AI solution for JavaScript Coding Question on BFE.dev
109. implement `Math.pow()`

Here's one possible solution to implement Math.pow():

function pow(base, exponent) {
  if (exponent === 0) {
    return 1;
  } else if (exponent < 0) {
    return 1 / pow(base, -exponent);
  } else {
    return base * pow(base, exponent - 1);
  }
}

This solution uses recursion to recursively multiply the base by itself until the exponent is reduced to 0. If the exponent is negative, it instead negates the exponent and takes the reciprocal of the result of a recursive call. This implementation only works for integer exponents.

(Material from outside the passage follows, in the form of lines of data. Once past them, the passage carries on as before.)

-- ===== src/LockFree/Tests.antt =====
-- A run with one iteration over a stack that is a list.
use exec.Base.{
  ap₂, inl, inr, some-eq, ℕ, ◌≡◌, refl, ap, sym, Option, none, some, List, [], ◌∷◌, Bool, true,
  false, length, arith, ltb, if◌then◌else◌, Bool-cases,
}
use exec.LockFree.{
  LockFreeStack, Producer, Consumer, Exchange, ExchangeStep, ExchangeSteps, created,
}
use exec.LockFree.Ending.{flag-Ends}

true≢false : true ≡ false → ⊥
true≢false e = ground arith

none≢some : {A : Type 0} {a : A} → none ≡ some a → ⊥
none≢some e = ground arith

abbrev push_list : List ℕ → ℕ → Bool × List ℕ
push_list s v = if ltb (length s) 128 then (true, v ∷ s) else (false, s)

abbrev pop_list : List ℕ → Option ℕ × List ℕ
pop_list [] = (none, [])
pop_list (v ∷ s) = (some v, s)

push_list-true : (s s' : List ℕ) (v : ℕ) → push_list s v ≡ (true, s') → s' ≡ v ∷ s
push_list-true s s' v e = elim (Bool-cases (ltb (length s) 128)) [
  | inl t ↦ sym (ap (λ (r : Bool × List ℕ). r.1) (rw t at e))
  | inr f ↦ absurd (true≢false (sym (ap (λ (r : Bool × List ℕ). r.0) (rw f at e))))
]

push_list-false : (s s' : List ℕ) (v : ℕ) → push_list s v ≡ (false, s') → s' ≡ s
push_list-false s s' v e = elim (Bool-cases (ltb (length s) 128)) [
  | inl t ↦ absurd (true≢false (ap (λ (r : Bool × List ℕ). r.0) (rw t at e)))
  | inr f ↦ sym (ap (λ (r : Bool × List ℕ). r.1) (rw f at e))
]

pop_list-some : (s s' : List ℕ) (v : ℕ) → pop_list s ≡ (some v, s') → s ≡ v ∷ s'
pop_list-some [] s' v e = absurd (none≢some (ap (λ (r : Option ℕ × List ℕ). r.0) e))
pop_list-some (w ∷ s) s' v e =
    ap₂ (λ a b. a ∷ b) (some-eq (ap (λ (r : Option ℕ × List ℕ). r.0) e))
      (ap (λ (r : Option ℕ × List ℕ). r.1) e)

pop_list-none : (s s' : List ℕ) → pop_list s ≡ (none, s') → (s ≡ []) × (s' ≡ [])
pop_list-none [] s' e = (refl, sym (ap (λ (r : Option ℕ × List ℕ). r.1) e))
pop_list-none (w ∷ s) s' e = absurd (none≢some (sym (ap (λ (r : Option ℕ × List ℕ). r.0) e)))

abbrev list_stack : LockFreeStack (List ℕ)
list_stack = record {
  push = push_list;
  pop = pop_list;
  contents = λ s. s;
  push_true = push_list-true;
  push_false = push_list-false;
  pop_some = pop_list-some;
  pop_none = pop_list-none;
}

-- The one value was pushed and the producer joined, before the consumer ran.
abbrev flagged : Exchange (List ℕ)
flagged = record {
  stack = 1 ∷ [];
  producer = Producer.stopped;
  consumer = Consumer.waiting;
  producer_count = 1;
  consumer_count = 0;
  all_started = true;
}

flagged-reached : ExchangeSteps list_stack 1 (created []) flagged
flagged-reached =
    ExchangeSteps.go
      (ExchangeSteps.go
        (ExchangeSteps.go
          (ExchangeSteps.go ExchangeSteps.stay (ExchangeStep.count 0 refl (omega arith)))
          (ExchangeStep.pushed 0 1 (1 ∷ []) refl refl))
        (ExchangeStep.all_pushed 1 refl refl))
      (ExchangeStep.joined refl)

flag-Ends_example :
    (y : Exchange (List ℕ)) × ExchangeSteps list_stack 1 flagged y
    × (y.consumer ≡ Consumer.stopped)
    × (y.producer_count ≡ 1)
    × (y.consumer_count ≡ 1)
flag-Ends_example = flag-Ends list_stack 1 [] refl flagged flagged-reached refl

To address the follow-up question about a faster solution, we can use the fact that a^n can be computed as (a^2)^(n/2) if n is even, and as a*(a^(n-1)) if n is odd. This means we can repeatedly square the base and divide the exponent by 2 until the exponent is reduced to 0. Here's the updated implementation using this approach:

function pow(base, exponent) {
  if (exponent === 0) {
    return 1;
  } else if (exponent < 0) {
    return 1 / pow(base, -exponent);
  } else {
    let result = 1;
    while (exponent > 0) {
      if (exponent % 2 === 1) {
        result *= base;
      }
      base *= base;
      exponent = Math.floor(exponent / 2);
    }
    return result;
  }
}

This implementation is much faster for large exponents, as we only need to perform logarithmically many multiplications instead of linearly many.